Allá, traspasada mi ventana, los pajarillos, acaso gorriones, reservan sus alas empapadas de la intemperie (aunque difícilmente lo consigan), y cruzan el cielo otras aves más audaces, en pos de las marismas.

Alguien sale desde su casa a la escalera, dando un portazo, y baja a saltos, de dos en dos, los escalones, rasgando así la momentánea serenidad que me mecía.
 ©Trini Reina/Marzo 2010

17 de mayo de 2018

Hoy...


Hoy quise dedicarte un último poema, y mis dedos, inermes, no atinan a esgrimir la pluma; mientras el alma naufraga en el tintero.

Hoy quise escribirte un último soneto. Poner  colofón a esta historia  infructuosa con unos versos supremos; mas el silencio en la garganta se ha instaurado, y la voz se quiebra antes de emanar.

Hoy quise liberarme de ti con un poema. Una postrera estrofa, la rima final, la despedida… Mas las rebeldes letras, como adolescentes enamoradas, se niegan  a fluir.

Hoy pretendí dedicarte un adiós hecho poesía, y lo único que brota de mi mente son palabras de amor. Bienvenidas envueltas en versos.  Parabienes con rimas azucarados.
Hoy quería irme de ti... y como siempre me he quedado…
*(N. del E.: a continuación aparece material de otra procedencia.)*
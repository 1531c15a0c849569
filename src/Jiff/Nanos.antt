-- ===== src/Jiff/Nanos.antt =====
-- A concrete clock and calendar that meet the laws: instants are whole nanoseconds, a zone is a fixed
-- offset, and the civil dates are those of the Gregorian calendar from 1970 on.
use spot_price.Prelude.{
  ℕ, ◌+◌, ◌-◌, ◌*◌, ◌/◌, ◌%◌, Bool, none, some, ◌==◌, ltb, leb, ◌&&◌, ◌||◌, not, if◌then◌else◌,
  arith, refl, str_eq,
}
use spot_price.Prelude.Int.{ℤ, pos, ◌+ℤ◌, ◌-ℤ◌, ◌*ℤ◌, leb_ℤ, ltb_ℤ, div_trunc, div_euclid, pos_part}
use spot_price.Js.Numerals.{days_from_civil}
use spot_price.Jiff.{
  Offsets, DateTime, Instant, IsInstant, Date, Calendar, ZoneDatabase, Zoned, millisecond, Weekdays,
  Ambiguity, unambiguous,
}

abbrev eq_ℤ : ℤ → ℤ → Bool
eq_ℤ a b = leb_ℤ a b && leb_ℤ b a

instance abbrev pub nanos : Instant ℤ
nanos = record {
  as_nanosecond = λ t. t;
  as_millisecond = λ t. div_trunc t millisecond;
  from_millisecond = λ m. some (m *ℤ pos millisecond);
  checked_add = λ t d. some (t +ℤ d);
  le = leb_ℤ;
  lt = ltb_ℤ;
  eq = eq_ℤ;
}

pub nanos-IsInstant : IsInstant ℤ
nanos-IsInstant = record {
  le-eq = λ a b. refl;
  lt-eq = λ a b. refl;
  eq_lem = ground arith;
  eq_refl = ground arith;
  millisecond-eq = λ a. refl;
  checked_add-eq = λ a d b h. ground (arith, h);
  from_millisecond-eq = λ m a h. ground arith;
}

abbrev is_leap : ℕ → Bool
is_leap y = y % 4 == 0 && not (y % 100 == 0) || y % 400 == 0

abbrev days_in_month : ℕ → ℕ → ℕ
days_in_month y m =
    if m == 2
    then (if is_leap y then 29 else 28)
    else if m == 4 || m == 6 || m == 9 || m == 11
    then 30
    else 31

instance abbrev pub gregorian : Calendar
gregorian = record {
  date = λ y m d.
      if leb 1 m && leb m 12 && leb 1 d && leb d (days_in_month (pos_part y) m)
      then some (record { year = y; month = m; day = d })
      else none;
  tomorrow = λ t.
      if ltb t.day (days_in_month (pos_part t.year) t.month)
      then some (record t { day = t.day + 1 })
      else if ltb t.month 12
      then some (record t { month = t.month + 1; day = 1 })
      else some (record { year = t.year +ℤ pos 1; month = 1; day = 1 });
}

-- A zone with one offset from UTC, in seconds.
pub record FixedZone : Type 0 where
  pub offset : ℤ

instance abbrev pub fixed_zones : ZoneDatabase FixedZone
fixed_zones = record {
  get = λ name. if str_eq name "Europe/Helsinki" then some (record { offset = pos 7200 }) else none;
}

abbrev civil : ℕ → Date
civil days =
    let z = days + 719_468 in
    let era = z / 146_097 in
    let doe = z % 146_097 in
    let yoe = (doe + doe / 36_524 - doe / 1460 - doe / 146_096) / 365 in
    let doy = doe - (365 * yoe + yoe / 4 - yoe / 100) in
    let mp = (5 * doy + 2) / 153 in
    let month = if ltb mp 10 then mp + 3 else mp - 9 in
    record {
      year = pos (yoe + era * 400 + (if leb month 2 then 1 else 0));
      month = month;
      day = doy - (153 * mp + 2) / 5 + 1;
    }

-- Days from 1970-01-01, for a year from 1970 on.
abbrev day_number : Date → ℕ
day_number t =
    let y = if leb t.month 2 then pos_part t.year - 1 else pos_part t.year in
    let mp = (t.month + 9) % 12 in
    365 * y + y / 4 + y / 400 - y / 100 + (153 * mp + 2) / 5 + t.day - 1 - 719_468

instance abbrev pub fixed_zoned : Zoned ℤ FixedZone
fixed_zoned = record {
  to_offset = λ z t. z.offset;
  to_datetime = λ z t.
      let local = pos_part (div_euclid t 1_000_000_000 +ℤ z.offset) in
      record {
        date = civil (local / 86_400);
        hour = local / 3600 % 24;
        minute = local / 60 % 60;
        second = local % 60;
      };
  start_of_day = λ date z. some ((pos (day_number date * 86_400) -ℤ z.offset) *ℤ pos 1_000_000_000);
}

abbrev instant_of : ℤ → DateTime × ℕ → ℤ
instant_of offset (local, nanosecond) =
    let days = days_from_civil local.date.year local.date.month +ℤ pos local.date.day -ℤ pos 1 in
    let seconds = pos (local.hour * 3600 + local.minute * 60 + local.second) in
    (days *ℤ pos 86_400 +ℤ seconds -ℤ offset) *ℤ pos 1_000_000_000 +ℤ pos nanosecond

instance abbrev pub fixed_offsets : Offsets ℤ
fixed_offsets = record {
  date_time = λ y m d hour minute second nanosecond. some (
    record {
      date = record { year = y; month = m; day = d };
      hour = hour;
      minute = minute;
      second = second;
    },
    nanosecond,
  );
  from_seconds = λ s. some s;
  to_timestamp = λ offset local. some (instant_of offset local);
  latest = pos 253_402_207_200_000_000_000;
}

-- Dates from 1970 on.
instance abbrev pub fixed_weekdays : Weekdays
fixed_weekdays = record {
  weekday = λ date. (day_number date + 4) % 7;
  add_days = λ date days. some (civil (pos_part (pos (day_number date) +ℤ days)));
}

-- A zone with one offset has every civil time once.
instance abbrev pub fixed_ambiguity : Ambiguity ℤ FixedZone
fixed_ambiguity = record {
  offset = λ z local. unambiguous;
  compatible = λ z local. some (instant_of z.offset (local, 0));
  earlier = λ z local. some (instant_of z.offset (local, 0));
  later = λ z local. some (instant_of z.offset (local, 0));
}
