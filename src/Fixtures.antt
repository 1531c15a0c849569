-- ===== src/Fixtures.antt =====
-- Test data that several components share: a zone, a contract, and hours of the epoch day.
use spot_price.Prelude.{ℕ, ◌+◌, ◌*◌}
use spot_price.Prelude.Int.{ℤ, pos}
use spot_price.Areas.{Area}
use spot_price.Float.Halves.{Num, fin}
use spot_price.Jiff.Nanos.{FixedZone}
use spot_price.Settings.{UserSettings}
use spot_price.Price.{DeliveryPeriod}

abbrev pub helsinki : FixedZone
helsinki = record { offset = pos 7200 }

-- whole cents: every amount is a multiple of one half
abbrev pub terms : UserSettings Num FixedZone
terms = record {
  user_id = "u";
  margin_cents_kwh = fin (pos 1);
  transfer_day_cents_kwh = fin (pos 6);
  transfer_night_cents_kwh = fin (pos 3);
  tax_cents_kwh = fin (pos 4);
  vat_percent = fin (pos 100);
  night_start_hour = record { get = 22 };
  night_end_hour = record { get = 7 };
  timezone = record { name = "Europe/Helsinki"; zone = helsinki };
  area = Area.fi;
}

-- the bounds of an hour of the epoch day
abbrev pub hour_period : ℕ → DeliveryPeriod ℤ
hour_period k = record {
  start = pos (k * 3_600_000_000_000);
  end = pos ((k + 1) * 3_600_000_000_000);
}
©Trini Reina/ 26 de abril de 2005
Obra de Pierre Bonnard 

13 de mayo de 2018

Cumbre y tránsito


Desde la crudeza
del nacer
al cansancio de los años.

Desde la luz
del valor
al polvo del fracaso.

Desde lo etéreo
de la alegría
al dolor inveterado

Desde el vaivén
de la fortuna
al viento palmario.

Así es la vida…
desde la cumbre al tránsito.
©Trini Reina/25 de enero 2012

7 de mayo de 2018

La noche...


 La noche se desata
con bruno esplendor…

Mi alma no frecuenta sus estrellas,
ni el corazón palpita
ante el amarillo influjo de la luna,
aunque, en ocasiones,
le tiente perseverante su hermosura.

La noche se desata
con bruno esplendor…

Mis pasos se demoran
en las calles noctámbulas.
Y el espíritu, afligido,
galantea con la negrura
en un diálogo silencioso.

Hoy, disidente, te beso,
Te beso a pesar del celaje que me ciñe.
Mi ser empatiza con el tuyo
y sigo el gélido marchar de tus horas.
La brisa sonámbula te recorre
y al unísono la respiramos.

Porque hoy tú, noche,
has conseguido…
penetrarme hasta los huesos.

 ©Trini Reina/2008

4 de mayo de 2018

La vida a plazos...

Que sí, que puede que el ascensor se desplome y quede tu cuerpo como el país de un abanico. Que nunca se está a salvo de que algún desdichado, fardando de lata, pise de improviso el acelerador, o que una esquina antes haya burlado un control  de alcoholemia de improbable superación; o que una ventisca espontánea derribe un tiesto siete plantas más arriba y te corone de flores la testa y el sepelio.
Que sí, que no se está libre de que te desvalijen la cartera y la vida, ni de que un infarto decida, después de tanta batalla, de golpe fulminarte.
Pero hoy es imposible controlar esa pelea de gallos en la barriga,
ni borrar con maquillaje el amarillo sin sol del semblante, ni obviar el miedo, que se arrellana a sus anchas en el palco de las pupilas.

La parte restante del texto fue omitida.